# My outdoors world



## Olhomestead (Mar 3, 2021)

Hello all. I'm new so thought I'd share a bit about our world. The outdoors are a large part of my life. I moved to Alaska in 1981. Worked as a wildfire fire fighter for the summer n was hooked. Met the most wonderful lady in the world for me in 83. He built our little homestead n homeschooled our 2 . Now my most important job is hanging out with our grandkids. N teaching them about the outdoors will happen. 
We staked 20 acres of remote property. And hauled many loads of freight over several years. Eventually ending up with a 16'x24' log cabin. I can now go hang out out there. 2-3 months at a time when I can. Got 5 weeks in last moose season. Moose season is a must. Glad it lasts 5 weeks. Plenty of wolves to go around too. 
Transportation to the cabin in non frozen months is by a bush plane on floats. 185 Cessna. Land on remote uninhabited lake. Then 2 mile walk north. Great views of Denali. Just look up. In the frozen months. Trailer up the snogos n drive 1-1/2 hours. Nice scenic drive with lots of huge moose to view guaranteed. Unload n pack freight sleds. Then cruise on out to cabin. 
I've been training our grandsons Chesapeake Bay Retriever to hunt moose antlers. Can't wait to get her out there with grandkids n find some antlers. 
I could probably go on for a while. And living a lifetime ot outdoors in AK has been a real blessing. 
Remember folks take one make one !


----------



## mrghostwalker (Feb 6, 2011)

Awesome! Please share some photos with us!


----------



## Olhomestead (Mar 3, 2021)




----------



## Olhomestead (Mar 3, 2021)




----------



## Olhomestead (Mar 3, 2021)

One of my favorites


















.
Here's a few for now


----------



## Danaus29 (Sep 12, 2005)

Very nice. That track vehicle is neat, what is it?
Thanks for sharing.


----------



## Olhomestead (Mar 3, 2021)

1959 Activ snotrac . It was made in Sweden by actual craftsman. They used Volkswagen parts. Its has a 1200 cc industrial engine. Runs good. I need to slim down on the toys so going to have to let this one go.
My buggy is a 1958 or so GMC with NAPCO axles.


----------



## doc- (Jun 26, 2015)

Welcome to the forum....Now get out of here and don't come back-- You're embarrassing us posers who imagine ourselves as wild mountain men.

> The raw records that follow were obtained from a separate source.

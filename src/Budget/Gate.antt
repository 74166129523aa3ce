-- ===== src/Budget/Gate.antt =====
-- bothy/budget.py, BudgetLedger.reserve: what a grant promises and when a refusal comes.
use bothy.Common.{
  ℕ, ◌+◌, ◌≤◌, ◌<◌, String, ◌≡◌, true, false, Option, some, arith, Bool-cases, Option-cases, inl,
  inr, lt→ltb, ◌∙◌, ◌↔◌, ltb, ltb-false→le, str_eq_refl, ok, err, value_or,
}
use bothy.Dict
use bothy.Budget.Policy.{BudgetPolicy, ceiling, per_run, cap_name, unit}
use bothy.Budget.Ledger.{
  Reservation, BudgetRefused, LedgerError, State, File, saved, Env, refused, os_error, load, save,
  outstanding, current, base, new_reservation, hold, reserve,
}
use bothy.Budget.Cap.{outstanding-add, held-new}

-- What a granted reservation leaves behind: it is in the file, and the trusted figure and all the
-- file's reservations together fit the ceiling.
pub record IsGrant (p : BudgetPolicy) (used : ℕ) (r : Reservation) (after : File) : Type 0 where
  pub recorded : Dict.get (load 0 after).reservations r.id ≡ some r
  pub fits : used + outstanding (load 0 after) ≤ ceiling p

module _ (env : Env) (f : File) where
  save_stored :
      {A : Type 0} → env.disk_ok ≡ true → (s : State) (a : A) → save env f s a ≡ (saved s, ok a)
  unfolding save
  save_stored e s a = rw e

  save_failed :
      {A : Type 0} → env.disk_ok ≡ false → (s : State) (a : A) → save env f s a ≡ (f, err os_error)
  unfolding save
  save_failed e s a = rw e

abbrev refusal : BudgetPolicy → State → ℕ → ℕ → Option String → BudgetRefused
refusal p s want used resets_at = record {
  cap = cap_name p;
  limit = ceiling p;
  current = used + outstanding s;
  requested = want;
  unit = unit p;
  resets_at = resets_at;
}

module _ (p : BudgetPolicy) (env : Env) (f : File) (run_id : String) where
  abbrev granted : ℕ → Reservation
  granted want = new_reservation p env run_id want

  module _ (s : State) (want used : ℕ) (resets_at : Option String) where
    abbrev total : ℕ
    total = used + outstanding s + want

    hold_over :
        ltb (ceiling p) total ≡ true
        → hold p env f s run_id want used resets_at
          ≡ (f, err (refused (refusal p s want used resets_at)))
    unfolding hold
    hold_over h = rw h

    hold_under :
        ltb (ceiling p) total ≡ false
        → hold p env f s run_id want used resets_at
          ≡ save env f
              (record s { reservations = Dict.set s.reservations env.fresh_id (granted want) })
              (granted want)
    unfolding hold
    hold_under h = rw h

    IsGrant-saved :
        ltb (ceiling p) total ≡ false
        → IsGrant p used (granted want) (
            saved (record s { reservations = Dict.set s.reservations env.fresh_id (granted want) }))
    unfolding load outstanding
    IsGrant-saved under = record {
      recorded = rw (Dict.get-set, str_eq_refl);
      fits = omega (
        arith,
        outstanding-add s (granted want),
        held-new p env run_id want,
        ltb-false→le _ _ under,
      );
    }

    hold-IsGrant :
        (r : Reservation)
        → (hold p env f s run_id want used resets_at).1 ≡ ok r
        → IsGrant p used r (hold p env f s run_id want used resets_at).0
    hold-IsGrant r h = elim (Bool-cases (ltb (ceiling p) total)) [
      | inl over ↦ cc (h, hold_over over)
      | inr under ↦ elim (Bool-cases env.disk_ok) [
        | inl e ↦
            let call = hold_under under ∙ save_stored env f e _ _ in
            let same : r ≡ granted want = cc (h, call) in rw (call, same) (IsGrant-saved under)
        | inr e ↦ cc (h, hold_under under, save_failed env f e _ _)
      ]
    ]

    refused-lt :
        (b : BudgetRefused)
        → (hold p env f s run_id want used resets_at).1 ≡ err (refused b)
        → ceiling p < total
    unfolding hold save
    refused-lt b h = ground arith

    hold-refused_iff :
        ((b : BudgetRefused) × ((hold p env f s run_id want used resets_at).1 ≡ err (refused b)))
        ↔ (ceiling p < total)
    hold-refused_iff = (
      λ t. refused-lt t.0 t.1,
      λ over. (refusal p s want used resets_at, rw (hold_over (lt→ltb _ _ over))),
    )

    hold-err :
        (e : LedgerError)
        → (hold p env f s run_id want used resets_at).1 ≡ err e
        → (hold p env f s run_id want used resets_at).0 ≡ f
    unfolding hold save
    hold-err e h = ground arith

  -- A granted reservation is in the file afterwards, and the figure that the mode trusts (the
  -- accrued dollars, or the percent that Codex reports) and all the file's reservations, the new
  -- one among them, together fit the ceiling.
  pub reserve-IsGrant :
      (amount observed_used : Option ℕ) (resets_at : Option String) (used : ℕ) (r : Reservation)
      → base p (current p env.now f) observed_used ≡ some used
      → (reserve p env f run_id amount observed_used resets_at).1 ≡ ok r
      → IsGrant p used r (reserve p env f run_id amount observed_used resets_at).0
  unfolding reserve
  reserve-IsGrant amount observed_used resets_at used r trusted h =
      rw (trusted, reserve)
        (hold-IsGrant (current p env.now f) (value_or amount (per_run p)) used resets_at r
          (rw (trusted, reserve) at h))

  -- Once the trusted figure is known, the gate refuses exactly when that figure, what live
  -- reservations hold and the amount wanted (the policy's per-run amount if none is named) pass
  -- the ceiling.
  pub reserve-refused_iff :
      (amount observed_used : Option ℕ) (resets_at : Option String) (used : ℕ)
      → base p (current p env.now f) observed_used ≡ some used
      → ((b : BudgetRefused) × ((reserve p env f run_id amount observed_used resets_at).1
            ≡ err (refused b)))
        ↔ (ceiling p < used + outstanding (current p env.now f) + value_or amount (per_run p))
  unfolding reserve
  reserve-refused_iff amount observed_used resets_at used trusted =
      rw (trusted, reserve)
        (hold-refused_iff (current p env.now f) (value_or amount (per_run p)) used resets_at)

  -- A call of `reserve` that raises, for whatever reason, leaves the file as it was.
  pub reserve-err-keeps :
      (amount observed_used : Option ℕ) (resets_at : Option String) (e : LedgerError)
      → (reserve p env f run_id amount observed_used resets_at).1 ≡ err e
      → (reserve p env f run_id amount observed_used resets_at).0 ≡ f
  unfolding reserve
  reserve-err-keeps amount observed_used resets_at e h =
      elim (Option-cases (base p (current p env.now f) observed_used)) [
        | inl unknown ↦ rw (unknown, reserve)
        | inr (used, trusted) ↦
            rw (trusted, reserve)
              (hold-err (current p env.now f) (value_or amount (per_run p)) used resets_at e
                (rw (trusted, reserve) at h))
      ]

I always held my grandparents in awe. Peasant farmers in the old country, they packed it all up and migrated here a century ago, not knowing anyone here or what they were getting into...Your move in '81 was of the same caliber. Very cool.


----------



## Danaus29 (Sep 12, 2005)

doc- said:


> Welcome to the forum....Now get out of here and don't come back-- You're embarrassing us posers who imagine ourselves as wild mountain men.
> 
> I always held my grandparents in awe. Peasant farmers in the old country, they packed it all up and migrated here a century ago, not knowing anyone here or what they were getting into...Your move in '81 was of the same caliber. Very cool.


I hope the op sees that you are joking about not coming back.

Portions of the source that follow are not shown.